Reflections refresh failures

Hi, we are using version 20.1.0-202202061055110045-36733c65 running on Kubernetes and observe the following behavior:
sooner or later, usually after several days of uptime, all reflections start to fail.

Our data is in iceberg tables or elastic, some reflections are on elastic, some on iceberg, some on joins between them - it doesn’t matter.
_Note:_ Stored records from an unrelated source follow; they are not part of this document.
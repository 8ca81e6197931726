-- ===== src/Federation/Provider/Cache/Replaced.antt =====
-- What `refresh_credential` hands out.
use deixic_python.Base.{
  Bool, true, false, ◌≡◌, refl, ◌⊎◌, inl, inr, Option, none, some, Result, ok, err, text_eq,
}
use deixic_python.Base.Post.{Post, returned, raised, Post-ok}
use deixic_python.Auth.{Credential}
use deixic_python.Tasks.Types.{Raised}
use deixic_python.Federation.Provider.{Seconds, Surroundings, Settings, Provider, Held}
use deixic_python.Federation.Provider.Exchange.{exchange}
use deixic_python.Federation.Provider.Methods.{
  replaced, refresh_unless, refresh_from, refresh_credential,
}
use deixic_python.Federation.Provider.Cache.{
  Until, Laws, IsProvider, SameCache, exchange-Post, same-SameCache,
}
use deixic_python.Federation.Provider.Cache.Handed.{ticked}

module _ (T : Seconds) (E : Surroundings T) (settings : Settings T) (laws : Laws T)
    (margin : Until T T.zero_time settings.refresh_margin) where
  abbrev Kept : Provider T → Held T E.World → Type 0
  Kept p t = SameCache T p t.provider × IsProvider T t.provider

  -- What `refresh_credential` returns.
  abbrev pub Replaced : Held T E.World → Credential → Credential → Held T E.World → Type 0
  Replaced s current c t =
      (t.provider.credential ≡ some c)
      × IsProvider T t.provider
      × ((SameCache T s.provider t.provider
            × (text_eq c.access_token current.access_token ≡ false)
            × (T.before (E.clock s.world).0 s.provider.refresh_at ≡ true))
          ⊎ ((exchange T E settings s ≡ (ok c, t))
              ⊎ (exchange T E settings (ticked E s) ≡ (ok c, t))))

  fresh-Post :
      (s : Held T E.World) (current : Credential) (r : Result Raised Credential × Held T E.World)
      → ((c : Credential) (t : Held T E.World)
          → r ≡ (ok c, t)
          → (exchange T E settings s ≡ (ok c, t))
            ⊎ (exchange T E settings (ticked E s) ≡ (ok c, t)))
      → Post (λ c t. (t.provider.credential ≡ some c) × IsProvider T t.provider) (Kept s.provider) r
      → Post (Replaced s current) (Kept s.provider) r
  fresh-Post s current (ok c, t) f p = returned c t (p.left.0, p.left.1, inr (f c t refl))
  fresh-Post s current (err x, t) f p = raised x t p.left

  replaced-Post :
      (s : Held T E.World) (early : Bool) (cached current : Credential)
      → IsProvider T s.provider
      → s.provider.credential ≡ some cached
      → text_eq cached.access_token current.access_token ≡ false
      → T.before (E.clock s.world).0 s.provider.refresh_at ≡ early
      → Post
          (Replaced s current)
          (Kept s.provider)
          (replaced T E settings early cached (ticked E s))
  replaced-Post s true cached current good h differ e =
      returned cached _
        (h, good, inl (same-SameCache T E settings laws margin s.provider, differ, e))
  replaced-Post s false cached current good h differ e =
      fresh-Post s current (exchange T E settings (ticked E s)) (λ c t q. inr q)
        (exchange-Post T E settings laws margin (ticked E s) good)

  refresh_unless-Post :
      (s : Held T E.World) (same : Bool) (cached current : Credential)
      → IsProvider T s.provider
      → s.provider.credential ≡ some cached
      → text_eq cached.access_token current.access_token ≡ same
      → Post (Replaced s current) (Kept s.provider) (refresh_unless T E settings same cached s)
  refresh_unless-Post s true cached current good h e =
      fresh-Post s current (exchange T E settings s) (λ c t q. inl q)
        (exchange-Post T E settings laws margin s good)
  refresh_unless-Post s false cached current good h e =
      replaced-Post s _ cached current good h e refl

  refresh_from-Post :
      (s : Held T E.World) (o : Option Credential) (current : Credential)
      → IsProvider T s.provider
      → s.provider.credential ≡ o
      → Post (Replaced s current) (Kept s.provider) (refresh_from T E settings o current s)
  refresh_from-Post s none current good h =
      fresh-Post s current (exchange T E settings s) (λ c t q. inl q)
        (exchange-Post T E settings laws margin s good)
  refresh_from-Post s (some cached) current good h =
      refresh_unless-Post s _ cached current good h refl

  refresh_credential-Post :
      (s : Held T E.World) (current : Credential)
      → IsProvider T s.provider
      → Post (Replaced s current) (Kept s.provider) (refresh_credential T E settings current s)
  unfolding refresh_credential
  refresh_credential-Post s current good =
      refresh_from-Post s s.provider.credential current good refl

  -- A credential that `refresh_credential` returns is the cached one; without an exchange it has
  -- another token than the rejected one, and the clock is before the moment of its refresh, so that a
  -- rejected token is only handed out again where an exchange has just returned it. The provider's
  -- refresh is due no later than its credential expires and it remembers 16 digests at most, before
  -- the call and behind it; the margin of the settings is not negative, and the operations on seconds
  -- have the laws of floats.
  pub refresh_credential-Replaced :
      (s t : Held T E.World) (current c : Credential)
      → IsProvider T s.provider
      → refresh_credential T E settings current s ≡ (ok c, t)
      → (t.provider.credential ≡ some c)
        × IsProvider T t.provider
        × ((SameCache T s.provider t.provider
              × (text_eq c.access_token current.access_token ≡ false)
              × (T.before (E.clock s.world).0 s.provider.refresh_at ≡ true))
            ⊎ ((exchange T E settings s ≡ (ok c, t))
                ⊎ (exchange T E settings (ticked E s) ≡ (ok c, t))))
  refresh_credential-Replaced s t current c good h =
      Post-ok (refresh_credential T E settings current s) h (refresh_credential-Post s current good)
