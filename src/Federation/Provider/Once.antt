-- ===== src/Federation/Provider/Once.antt =====
-- How often an exchange asks Identity, and with which assertions.
use deixic_python.Base.{
  ℕ, zero, suc, ◌+◌, ◌-◌, ◌≤◌, String, Bool, true, false, ◌||◌, ◌≡◌, sym, ap, ◌∙◌, subst, Option,
  none, some, List, [], ◌∷◌, ◌++◌, any, length, drop, length-append, drop-append, append_assoc,
  append-nil, arith,
}
use deixic_python.Base.Post.{Post, raised, Post-state}
use deixic_python.Errors.{DeixicError}
use deixic_python.Client.Network.{Reply}
use deixic_python.Federation.{remembered_assertions}
use deixic_python.Federation.Provider.{Seconds, Surroundings, Settings, Held, is_used, remember}
use deixic_python.Federation.Provider.Exchange.{exchange_request, pause, attempts, exchange}
use deixic_python.Federation.Provider.Steps.{asserts, exchanges, retries, attempts_with}

-- A record of the digests that were sent, kept by the world: only the request of an exchange, with an
-- assertion whose digest is not among them, adds to it.
pub record Log (T : Seconds) (E : Surroundings T) (settings : Settings T)
    (K : List String → E.World → Type 0) : Type 0 where
  pub by_send :
      (a : String) (sent : List String) (w : E.World)
      → is_used (E.sha256 a) sent ≡ false
      → K sent w
      → K (sent ++ E.sha256 a ∷ []) (E.exchange (exchange_request T E settings a) w).1
  pub by_source : (sent : List String) (w : E.World) → K sent w → K sent (E.source w).1
  pub by_clock : (sent : List String) (w : E.World) → K sent w → K sent (E.clock w).1
  pub by_sleep : (d : T.Time) (sent : List String) (w : E.World) → K sent w → K sent (E.sleep d w)
  pub by_close :
      (reply : Reply) (sent : List String) (w : E.World) → K sent w → K sent (E.close reply w)

-- The digests that were sent are the last ones that are remembered.
abbrev Recent : List String → List String → Type 0
Recent sent used = (older : List String) × (used ≡ older ++ sent)

is_used-append :
    (d : String) (xs ys : List String) → is_used d (xs ++ ys) ≡ false → is_used d ys ≡ false
unfolding any
is_used-append d [] ys h = h
is_used-append d (x ∷ xs) ys h = is_used-append d xs ys (or_right _ _ h)
  where
    or_right : (a b : Bool) → (a || b) ≡ false → b ≡ false
    or_right false b h = h
    or_right true b h = cc

remember-Recent :
    (d : String) (sent used : List String)
    → suc (length sent) ≤ remembered_assertions
    → Recent sent used
    → Recent (sent ++ d ∷ []) (remember d used)
unfolding remember
remember-Recent d sent used h (older, e) =
    let extended = older ++ (sent ++ d ∷ []) in
    let whole : (used ++ d ∷ []) ≡ extended =
      ap (λ u. u ++ d ∷ []) e ∙ append_assoc older sent (d ∷ []) in
    let size : length extended ≡ length older + suc (length sent) =
      omega (arith, length-append older (sent ++ d ∷ []), length-append sent (d ∷ [])) in
    let n = length extended - remembered_assertions in
    (
      drop n older,
      ap (λ u. drop (length u - remembered_assertions) u) whole
          ∙ drop-append n older (sent ++ d ∷ []) (omega (arith, size)),
    )

module _ (T : Seconds) (E : Surroundings T) (settings : Settings T)
    (K : List String → E.World → Type 0) (log : Log T E settings K) where
  -- At most this many digests were sent.
  abbrev Within : ℕ → Held T E.World → Type 0
  Within n t = (sent : List String) × K sent t.world × (length sent ≤ n)

  abbrev Sent : List String → Held T E.World → Type 0
  Sent sent t = K sent t.world × Recent sent t.provider.used_assertions

  paused :
      (attempt : ℕ) (last : Option DeixicError) (sent : List String) (w : E.World)
      → K sent w
      → K sent (pause T E settings attempt last w)
  paused attempt none sent w h = h
  paused attempt (some e) sent w h = log.by_sleep _ sent w h

  length-sent : (d : String) (sent : List String) → length (sent ++ d ∷ []) ≡ suc (length sent)
  length-sent d sent = omega (arith, length-append sent (d ∷ []))

  attempts-Post :
      (remaining attempt : ℕ) (last : Option DeixicError) (sent : List String) (bound : ℕ)
      (s : Held T E.World)
      → length sent + remaining ≤ bound
      → bound ≤ 10
      → Sent sent s
      → Post (λ _. Within bound) (Within bound) (attempts T E settings remaining attempt last s)
  unfolding attempts
  attempts-Post zero attempt last sent bound s h small (k, recent) =
      raised _ s (sent, k, omega arith)
  attempts-Post (suc remaining) attempt last sent bound s h small (k, recent) =
      let w = pause T E settings attempt last s.world in
      let asked = log.by_source sent w (paused attempt last sent s.world k) in
      attempts_with T E settings
        {A = λ a t.
          K sent t.world
          × (is_used (E.sha256 a) sent ≡ false)
          × Recent (sent ++ E.sha256 a ∷ []) t.provider.used_assertions}
        last (attempts T E settings remaining (suc attempt)) _
        (asserts T E settings (record s { world = w })
          (λ a new. (
            asked,
            is_used-append _ recent.0 sent
                (subst (λ u. is_used (E.sha256 a) u ≡ false) recent.1 new),
            remember-Recent (E.sha256 a) sent s.provider.used_assertions (omega arith) recent,
          ))
          (sent, asked, omega arith))
        λ a t (k1, new, recent1).
          let more = sent ++ E.sha256 a ∷ [] in
          let size = length-sent (E.sha256 a) sent in
          let k2 = log.by_send a sent t.world new k1 in
          retries T E settings {M = Sent more} (attempts T E settings remaining (suc attempt)) _
            (exchanges T E settings a t (
              (k2, recent1),
              (λ reply. (log.by_close reply more _ k2, recent1)),
              (λ reply c expiry.
                  (more, log.by_close reply more _ (log.by_clock more _ k2), omega (arith, size))),
            ))
            (λ u (k3, _). (more, k3, omega (arith, size)))
            (λ next u m.
              attempts-Post remaining (suc attempt) next more bound u (omega (arith, size)) small m)

  -- Whatever the assertion source, the transport and the clock do, an exchange makes at most
  -- `max_attempts` requests, each of them the request of an exchange, and no two of them with
  -- assertions of the same digest. Stated of any log that only such a request extends, by its digest:
  -- from the empty log it never holds more, whether the exchange returns or raises. The settings'
  -- `max_attempts` is at most 10, which the constructor makes sure of.
  pub exchange-Log :
      (s : Held T E.World)
      → settings.max_attempts ≤ 10
      → K [] s.world
      → (sent : List String) × K sent (exchange T E settings s).1.world
        × (length sent ≤ settings.max_attempts)
  unfolding exchange
  exchange-Log s small k =
      Post-state (Within settings.max_attempts)
        (attempts T E settings settings.max_attempts 0 none s)
        (attempts-Post settings.max_attempts 0 none [] settings.max_attempts s (omega arith) small
          (k, (s.provider.used_assertions, sym (append-nil _))))
        (λ _ t x. x) (λ t x. x)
All failures look similar:

Line 150844: 2023-01-02 13:54:46,337 [dremio-general-100] INFO  c.d.s.reflection.ReflectionManager - reflection 93d480ed-7433-4bc4-a1c4-465f3ca3203b (Raw Reflection) is due for refresh
	Line 150847: org.projectnessie.error.NessieContentsNotFoundException: Could not find contents for key 'dremio.reflections./opt/dremio/dist/accelerator/93d480ed-7433-4bc4-a1c4-465f3ca3203b/f8f6e105-bac5-4576-be46-f8f9e65c4853_0' in reference 'main'.
	Line 163121: 2023-01-02 14:54:47,914 [dremio-general-109] INFO  c.d.s.reflection.ReflectionManager - reflection 93d480ed-7433-4bc4-a1c4-465f3ca3203b (Raw Reflection) is due for refresh
	Line 163122: 2023-01-02 14:54:47,916 [dremio-general-109] WARN  c.d.s.reflection.ReflectionManager - failed to refresh reflection 93d480ed-7433-4bc4-a1c4-465f3ca3203b (Raw Reflection)
	Line 167638: 2023-01-02 15:54:47,999 [dremio-general-112] INFO  c.d.s.reflection.ReflectionManager - reflection 93d480ed-7433-4bc4-a1c4-465f3ca3203b (Raw Reflection) is due for refresh
	Line 167639: 2023-01-02 15:54:48,000 [dremio-general-112] WARN  c.d.s.reflection.ReflectionManager - failed to refresh reflection 93d480ed-7433-4bc4-a1c4-465f3ca3203b (Raw Reflection)

lines with “failed to refresh” are followed by

io.grpc.StatusRuntimeException: UNAVAILABLE: Channel shutdown invoked
	at io.grpc.stub.ClientCalls.toStatusRuntimeException(ClientCalls.java:262)
	at io.grpc.stub.ClientCalls.getUnchecked(ClientCalls.java:243)
	at io.grpc.stub.ClientCalls.blockingUnaryCall(ClientCalls.java:156)
	at com.dremio.service.nessieapi.TreeApiGrpc$TreeApiBlockingStub.getReferenceByName(TreeApiGrpc.java:354)
	at com.dremio.exec.store.iceberg.nessie.IcebergNessieTableOperations.getBranchRef(IcebergNessieTableOperations.java:101)
	at com.dremio.exec.store.iceberg.nessie.IcebergNessieTableOperations.doRefresh(IcebergNessieTableOperations.java:69)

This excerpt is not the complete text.